Start of Block
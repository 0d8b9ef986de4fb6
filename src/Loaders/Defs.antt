-- ===== src/Loaders/Defs.antt =====
-- Each stage clears its bss, runs the functions of its init table, and reads the next stage.
use toy_bootloader.Common.{
  ℕ, zero, suc, ◌+◌, ◌-◌, ◌/◌, ◌%◌, ◌^◌, true, false, none, some, List, [], ◌∷◌, bit_and, ltb, ◌==◌,
  if◌then◌else◌, length, u8, u32,
}
use toy_bootloader.Machine.{
  IntInfos, Env, Handler, number, text, message, M, pure, ◌>>=◌, ◌>>◌, hang, update, set_interrupt,
}
use toy_bootloader.Serial.Defs.{printf}
use toy_bootloader.Floppy.Types.{CheckInterruptRes, ReadtrackRes}
use toy_bootloader.Floppy.Irq.{fpy_setup_idt}
use toy_bootloader.Floppy.Read.{fpy_copy_bytes}
use Prim.Native.String.{String}

-- An entry of the init table.
pub record Init : Type 0 where
  pub name : String
  pub file : String
  pub fun : M (Unit {0})

-- What the linker sets: where each part begins on the disk and in memory, and its size.
pub record Part : Type 0 where
  pub first_section_index : ℕ
  pub start : ℕ
  pub size : ℕ

-- `*s++ = 0`, for the rounds that are left.
unfoldable pub zero_bytes : ℕ → ℕ → (ℕ → ℕ) → ℕ → ℕ
zero_bytes zero s mem = mem
zero_bytes (suc n) s mem = zero_bytes n (s + 1) (update mem s 0)

-- `while (s != e)`: with `e` below `s` it would run through the whole address space.
unfoldable pub memreset : ℕ → ℕ → M (Unit {0})
memreset s e = elim (ltb e s) [
  | true ↦ hang
  | false ↦ λ m. some (tt, record m { mem = zero_bytes (e - s) s m.mem })
]

-- `while (start < end)`
unfoldable pub reset_bss : ℕ → ℕ → M (Unit {0})
reset_bss start end_at m = some (tt, record m { mem = zero_bytes (end_at - start) start m.mem })

-- The `for` loop over the init table, over the entries that are left.
unfoldable pub run_inits : Env → ℕ → ℕ → List Init → M (Unit {0})
run_inits env current count [] = pure tt
run_inits env current count (f ∷ fs) = do
  printf env "executing `%s` in `%s` (%u of %u)\n"
      (text f.name ∷ text f.file ∷ number current ∷ number count ∷ [])
  f.fun
  run_inits env (current + 1) count fs

module _ (env : Env) (fuel : ℕ) (r : CheckInterruptRes) (uninit : ReadtrackRes) where
  -- Up to the jump to `stage4_start`; the results of the two reads are not looked at.
  unfoldable pub load_protected : Part → Part → ℕ → ℕ → M (Unit {0})
  load_protected stage_4 stage_5 bss_start bss_end = do
    fpy_setup_idt
    err4 ← fpy_copy_bytes env fuel r uninit stage_4.first_section_index stage_4.start stage_4.size
    err5 ← fpy_copy_bytes env fuel r uninit stage_5.first_section_index stage_5.start stage_5.size
    reset_bss bss_start bss_end

  unfoldable pub copy_stage4 : Part → M (Unit {0})
  copy_stage4 part = do
    printf env "copying %d bytes from floppy disk sector %d to 0x%p\n"
        (number part.size ∷ number part.first_section_index ∷ number part.start ∷ [])
    err ← fpy_copy_bytes env fuel r uninit part.first_section_index part.start part.size
    elim err [ some x ↦ printf env "error : %s\n" (message x ∷ []) | none ↦ pure tt ]
    printf env "success\n" []

-- Up to the jump to `load_protected`.
unfoldable pub stage3_load : Env → ℕ → ℕ → List Init → M (Unit {0})
stage3_load env bss_start bss_end inits = do
  printf env "*********************\n\n" []
  printf env "stage3 loadled (now in protected)\n" []
  printf env "reseting bss\n" []
  memreset bss_start bss_end
  printf env "executing stage3 :\n\n" []
  run_inits env 1 (length inits) inits
  printf env "stage 3 finished\n" []
  printf env "jumping in load_protected\n" []

-- A hexadecimal digit.
unfoldable pub digit : ℕ → ℕ
digit h = if ltb 0x9 h then h - 0xA + b'A' else h + b'0'

-- The loop of `hexdump`, with the rounds that are left.
unfoldable pub hex_bytes : Env → ℕ → ℕ → ℕ → M (Unit {0})
unfolding digit
hex_bytes env zero i ptr = pure tt
hex_bytes env (suc n) i ptr = do
  elim (i % 10 == 0) [ true ↦ printf env "\n" [] | false ↦ pure tt ]
  b ← λ m. some (u8 (m.mem (ptr + i)), m)
  printf env "%c%c " (number (digit (b / 2 ^ 4)) ∷ number (digit (bit_and b 0xF)) ∷ [])
  hex_bytes env n (i + 1) ptr

unfoldable pub hexdump : Env → ℕ → ℕ → M (Unit {0})
hexdump env count ptr = do hex_bytes env count 0 ptr; printf env "\n" []

unfoldable pub handle_int3 : Env → ℕ → IntInfos → M (Unit {0})
handle_int3 env stage_3_start r = do
  printf env "*GOT DEBUG INTERRUPTION\n" []
  printf env "* regs: \n* edi:0x%x, esi:0x%x, edx:0x%x, ecx:0x%x, eax:0x%x, ip:0x%x\n"
      (number r.edi ∷ number r.esi ∷ number r.edx ∷ number r.ecx ∷ number r.eax ∷ number r.ip ∷ [])
  printf env "*stage3 local address : 0x%x \n" (number (u32 (r.ip + 2 ^ 32 - stage_3_start)) ∷ [])
  printf env "*next code: \n" []
  hexdump env 40 r.ip
  printf env "*END OF DEBUG\n" []

unfoldable pub breakpoint_instr : M (Unit {0})
breakpoint_instr = set_interrupt 3 Handler.handle_int3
End of Block
**Action item:** Of all the entries above, how many lines contain the string "while"? Answer with the number only.

**Solution for this exercise:** 2